How to complete this task —
Could you write out the opening lines of the data, word for word, stopping after the line that contains "late_of now p"?

Provided material —
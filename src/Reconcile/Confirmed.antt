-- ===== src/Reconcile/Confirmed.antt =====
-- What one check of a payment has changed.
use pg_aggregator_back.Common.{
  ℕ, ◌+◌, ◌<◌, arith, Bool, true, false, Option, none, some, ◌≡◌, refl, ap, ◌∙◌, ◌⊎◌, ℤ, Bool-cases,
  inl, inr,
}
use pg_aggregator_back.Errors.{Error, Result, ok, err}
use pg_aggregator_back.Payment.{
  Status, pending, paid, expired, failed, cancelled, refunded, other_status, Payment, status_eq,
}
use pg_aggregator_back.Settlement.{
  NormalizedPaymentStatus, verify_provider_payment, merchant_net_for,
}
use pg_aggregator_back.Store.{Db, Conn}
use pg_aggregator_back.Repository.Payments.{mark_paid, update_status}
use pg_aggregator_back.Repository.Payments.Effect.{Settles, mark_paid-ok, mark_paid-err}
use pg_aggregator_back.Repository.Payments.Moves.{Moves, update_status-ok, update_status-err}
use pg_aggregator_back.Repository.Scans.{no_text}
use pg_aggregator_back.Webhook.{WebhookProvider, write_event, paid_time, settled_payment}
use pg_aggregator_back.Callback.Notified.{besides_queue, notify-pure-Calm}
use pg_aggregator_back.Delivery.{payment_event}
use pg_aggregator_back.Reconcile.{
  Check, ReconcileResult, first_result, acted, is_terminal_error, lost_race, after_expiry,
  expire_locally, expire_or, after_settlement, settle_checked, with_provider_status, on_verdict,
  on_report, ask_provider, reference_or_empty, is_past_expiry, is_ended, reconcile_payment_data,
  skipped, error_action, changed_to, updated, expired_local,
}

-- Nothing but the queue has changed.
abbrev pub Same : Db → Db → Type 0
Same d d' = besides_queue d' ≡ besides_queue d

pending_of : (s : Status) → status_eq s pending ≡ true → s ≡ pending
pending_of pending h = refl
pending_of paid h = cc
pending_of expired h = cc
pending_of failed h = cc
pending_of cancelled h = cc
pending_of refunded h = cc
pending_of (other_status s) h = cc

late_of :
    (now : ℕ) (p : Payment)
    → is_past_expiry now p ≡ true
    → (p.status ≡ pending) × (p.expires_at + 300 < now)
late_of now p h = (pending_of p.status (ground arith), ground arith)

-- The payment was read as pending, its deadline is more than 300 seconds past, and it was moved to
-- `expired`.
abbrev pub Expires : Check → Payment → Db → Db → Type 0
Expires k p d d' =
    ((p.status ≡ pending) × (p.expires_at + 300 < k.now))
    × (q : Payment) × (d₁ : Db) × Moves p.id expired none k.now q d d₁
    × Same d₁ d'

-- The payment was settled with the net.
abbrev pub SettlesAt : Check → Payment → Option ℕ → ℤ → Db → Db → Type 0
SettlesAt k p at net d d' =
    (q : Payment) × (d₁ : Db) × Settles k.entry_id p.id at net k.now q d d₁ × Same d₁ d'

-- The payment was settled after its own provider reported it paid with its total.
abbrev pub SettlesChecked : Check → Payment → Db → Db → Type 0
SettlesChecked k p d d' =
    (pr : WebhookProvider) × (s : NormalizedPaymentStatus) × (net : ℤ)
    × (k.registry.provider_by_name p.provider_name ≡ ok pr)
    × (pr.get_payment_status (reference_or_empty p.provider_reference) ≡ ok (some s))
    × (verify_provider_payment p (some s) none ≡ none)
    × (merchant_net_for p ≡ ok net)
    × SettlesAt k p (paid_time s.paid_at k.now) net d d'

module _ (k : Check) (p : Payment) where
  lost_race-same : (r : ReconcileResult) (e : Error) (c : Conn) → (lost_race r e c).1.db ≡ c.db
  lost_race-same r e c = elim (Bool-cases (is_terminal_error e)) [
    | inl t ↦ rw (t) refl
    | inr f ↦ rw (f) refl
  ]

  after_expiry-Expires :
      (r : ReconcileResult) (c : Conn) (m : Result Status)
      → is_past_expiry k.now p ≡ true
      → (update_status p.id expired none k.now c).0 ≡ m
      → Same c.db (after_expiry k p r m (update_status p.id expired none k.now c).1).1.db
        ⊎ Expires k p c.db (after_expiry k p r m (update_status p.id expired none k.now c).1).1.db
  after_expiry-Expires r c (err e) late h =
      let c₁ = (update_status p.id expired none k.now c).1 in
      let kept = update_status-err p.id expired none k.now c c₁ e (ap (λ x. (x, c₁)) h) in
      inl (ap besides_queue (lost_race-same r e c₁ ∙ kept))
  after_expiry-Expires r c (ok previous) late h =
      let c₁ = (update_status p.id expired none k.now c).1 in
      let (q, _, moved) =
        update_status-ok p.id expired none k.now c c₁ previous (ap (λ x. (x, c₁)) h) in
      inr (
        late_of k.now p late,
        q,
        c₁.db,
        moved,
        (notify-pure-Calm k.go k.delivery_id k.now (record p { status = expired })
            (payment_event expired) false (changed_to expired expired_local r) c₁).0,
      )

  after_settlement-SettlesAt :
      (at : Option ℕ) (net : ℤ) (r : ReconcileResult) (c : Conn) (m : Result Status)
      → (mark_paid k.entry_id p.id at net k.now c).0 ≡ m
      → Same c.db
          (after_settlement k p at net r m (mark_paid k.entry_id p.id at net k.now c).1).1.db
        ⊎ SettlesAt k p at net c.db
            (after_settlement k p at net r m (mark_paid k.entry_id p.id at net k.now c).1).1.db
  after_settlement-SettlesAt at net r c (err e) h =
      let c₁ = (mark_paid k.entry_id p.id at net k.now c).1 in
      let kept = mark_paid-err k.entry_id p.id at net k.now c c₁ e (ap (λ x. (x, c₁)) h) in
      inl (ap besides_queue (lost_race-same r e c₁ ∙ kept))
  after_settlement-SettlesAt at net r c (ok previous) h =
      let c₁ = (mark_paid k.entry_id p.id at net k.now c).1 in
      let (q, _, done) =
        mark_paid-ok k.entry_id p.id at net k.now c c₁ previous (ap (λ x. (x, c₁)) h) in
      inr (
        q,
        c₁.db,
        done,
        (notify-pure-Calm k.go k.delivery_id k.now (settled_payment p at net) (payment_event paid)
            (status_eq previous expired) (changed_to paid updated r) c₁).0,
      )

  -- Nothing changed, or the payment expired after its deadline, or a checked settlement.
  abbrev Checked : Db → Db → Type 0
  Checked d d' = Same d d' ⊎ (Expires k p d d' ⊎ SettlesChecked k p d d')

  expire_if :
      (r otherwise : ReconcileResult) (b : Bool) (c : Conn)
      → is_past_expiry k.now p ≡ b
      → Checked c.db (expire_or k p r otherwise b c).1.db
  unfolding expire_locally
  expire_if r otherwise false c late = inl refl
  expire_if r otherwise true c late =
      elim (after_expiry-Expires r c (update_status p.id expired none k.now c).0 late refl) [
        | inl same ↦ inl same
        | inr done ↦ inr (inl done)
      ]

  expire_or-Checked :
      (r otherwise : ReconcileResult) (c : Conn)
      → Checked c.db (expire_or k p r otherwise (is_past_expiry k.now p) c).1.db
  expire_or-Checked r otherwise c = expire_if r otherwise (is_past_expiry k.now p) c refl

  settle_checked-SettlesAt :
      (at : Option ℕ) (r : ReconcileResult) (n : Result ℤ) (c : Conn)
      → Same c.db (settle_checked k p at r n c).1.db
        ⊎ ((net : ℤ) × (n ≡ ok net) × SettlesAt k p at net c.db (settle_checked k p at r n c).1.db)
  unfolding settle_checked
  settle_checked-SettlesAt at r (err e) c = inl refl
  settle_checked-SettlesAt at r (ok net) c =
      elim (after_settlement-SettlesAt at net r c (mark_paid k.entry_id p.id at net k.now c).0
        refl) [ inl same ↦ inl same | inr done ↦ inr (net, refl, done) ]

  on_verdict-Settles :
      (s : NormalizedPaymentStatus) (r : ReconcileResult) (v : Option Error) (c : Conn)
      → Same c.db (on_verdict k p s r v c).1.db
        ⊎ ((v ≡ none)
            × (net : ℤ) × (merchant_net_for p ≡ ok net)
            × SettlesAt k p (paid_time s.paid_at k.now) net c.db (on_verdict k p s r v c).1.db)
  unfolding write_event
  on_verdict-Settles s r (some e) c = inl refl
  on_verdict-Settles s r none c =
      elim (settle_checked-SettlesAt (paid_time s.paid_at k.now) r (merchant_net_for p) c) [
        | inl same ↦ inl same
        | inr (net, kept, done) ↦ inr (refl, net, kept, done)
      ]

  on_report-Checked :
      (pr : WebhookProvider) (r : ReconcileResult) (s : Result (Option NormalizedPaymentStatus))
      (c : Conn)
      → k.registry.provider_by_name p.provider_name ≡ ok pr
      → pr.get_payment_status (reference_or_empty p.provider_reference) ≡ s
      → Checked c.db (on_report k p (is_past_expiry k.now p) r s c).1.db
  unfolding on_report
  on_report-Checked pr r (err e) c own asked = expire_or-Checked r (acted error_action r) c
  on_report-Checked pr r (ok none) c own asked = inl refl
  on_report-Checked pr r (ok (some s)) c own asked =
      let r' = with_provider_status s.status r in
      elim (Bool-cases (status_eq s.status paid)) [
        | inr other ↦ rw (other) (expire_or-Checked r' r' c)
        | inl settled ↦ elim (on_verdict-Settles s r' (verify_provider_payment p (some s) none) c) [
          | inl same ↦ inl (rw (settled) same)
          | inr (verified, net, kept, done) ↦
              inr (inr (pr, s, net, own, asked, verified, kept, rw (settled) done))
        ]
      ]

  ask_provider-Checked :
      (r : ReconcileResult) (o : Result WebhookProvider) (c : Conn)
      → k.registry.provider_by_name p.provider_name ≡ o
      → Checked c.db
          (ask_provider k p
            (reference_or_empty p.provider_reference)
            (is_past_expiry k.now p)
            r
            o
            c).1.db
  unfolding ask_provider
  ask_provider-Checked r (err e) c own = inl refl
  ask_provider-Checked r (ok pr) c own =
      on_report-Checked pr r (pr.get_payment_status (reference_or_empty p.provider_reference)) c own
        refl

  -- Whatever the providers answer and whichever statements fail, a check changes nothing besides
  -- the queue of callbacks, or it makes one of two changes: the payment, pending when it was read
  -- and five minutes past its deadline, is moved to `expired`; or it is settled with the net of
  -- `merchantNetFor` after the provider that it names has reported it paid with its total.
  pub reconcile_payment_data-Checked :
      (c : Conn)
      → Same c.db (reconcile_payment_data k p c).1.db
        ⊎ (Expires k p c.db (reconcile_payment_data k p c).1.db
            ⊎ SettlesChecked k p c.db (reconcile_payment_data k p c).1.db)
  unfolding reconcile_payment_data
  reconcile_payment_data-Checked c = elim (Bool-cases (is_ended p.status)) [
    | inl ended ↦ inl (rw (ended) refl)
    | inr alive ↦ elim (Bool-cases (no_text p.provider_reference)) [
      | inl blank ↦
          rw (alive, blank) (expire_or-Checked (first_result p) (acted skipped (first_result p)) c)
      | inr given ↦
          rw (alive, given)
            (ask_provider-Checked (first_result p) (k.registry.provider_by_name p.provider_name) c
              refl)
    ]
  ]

Output for this task —
filename src/Reconcile/Confirmed.antt
-- ===== src/Reconcile/Confirmed.antt =====
-- What one check of a payment has changed.
use pg_aggregator_back.Common.{
  ℕ, ◌+◌, ◌<◌, arith, Bool, true, false, Option, none, some, ◌≡◌, refl, ap, ◌∙◌, ◌⊎◌, ℤ, Bool-cases,
  inl, inr,
}
use pg_aggregator_back.Errors.{Error, Result, ok, err}
use pg_aggregator_back.Payment.{
  Status, pending, paid, expired, failed, cancelled, refunded, other_status, Payment, status_eq,
}
use pg_aggregator_back.Settlement.{
  NormalizedPaymentStatus, verify_provider_payment, merchant_net_for,
}
use pg_aggregator_back.Store.{Db, Conn}
use pg_aggregator_back.Repository.Payments.{mark_paid, update_status}
use pg_aggregator_back.Repository.Payments.Effect.{Settles, mark_paid-ok, mark_paid-err}
use pg_aggregator_back.Repository.Payments.Moves.{Moves, update_status-ok, update_status-err}
use pg_aggregator_back.Repository.Scans.{no_text}
use pg_aggregator_back.Webhook.{WebhookProvider, write_event, paid_time, settled_payment}
use pg_aggregator_back.Callback.Notified.{besides_queue, notify-pure-Calm}
use pg_aggregator_back.Delivery.{payment_event}
use pg_aggregator_back.Reconcile.{
  Check, ReconcileResult, first_result, acted, is_terminal_error, lost_race, after_expiry,
  expire_locally, expire_or, after_settlement, settle_checked, with_provider_status, on_verdict,
  on_report, ask_provider, reference_or_empty, is_past_expiry, is_ended, reconcile_payment_data,
  skipped, error_action, changed_to, updated, expired_local,
}

-- Nothing but the queue has changed.
abbrev pub Same : Db → Db → Type 0
Same d d' = besides_queue d' ≡ besides_queue d

pending_of : (s : Status) → status_eq s pending ≡ true → s ≡ pending
pending_of pending h = refl
pending_of paid h = cc
pending_of expired h = cc
pending_of failed h = cc
pending_of cancelled h = cc
pending_of refunded h = cc
pending_of (other_status s) h = cc

late_of :
    (now : ℕ) (p : Payment)
    → is_past_expiry now p ≡ true
    → (p.status ≡ pending) × (p.expires_at + 300 < now)
late_of now p h = (pending_of p.status (ground arith), ground arith)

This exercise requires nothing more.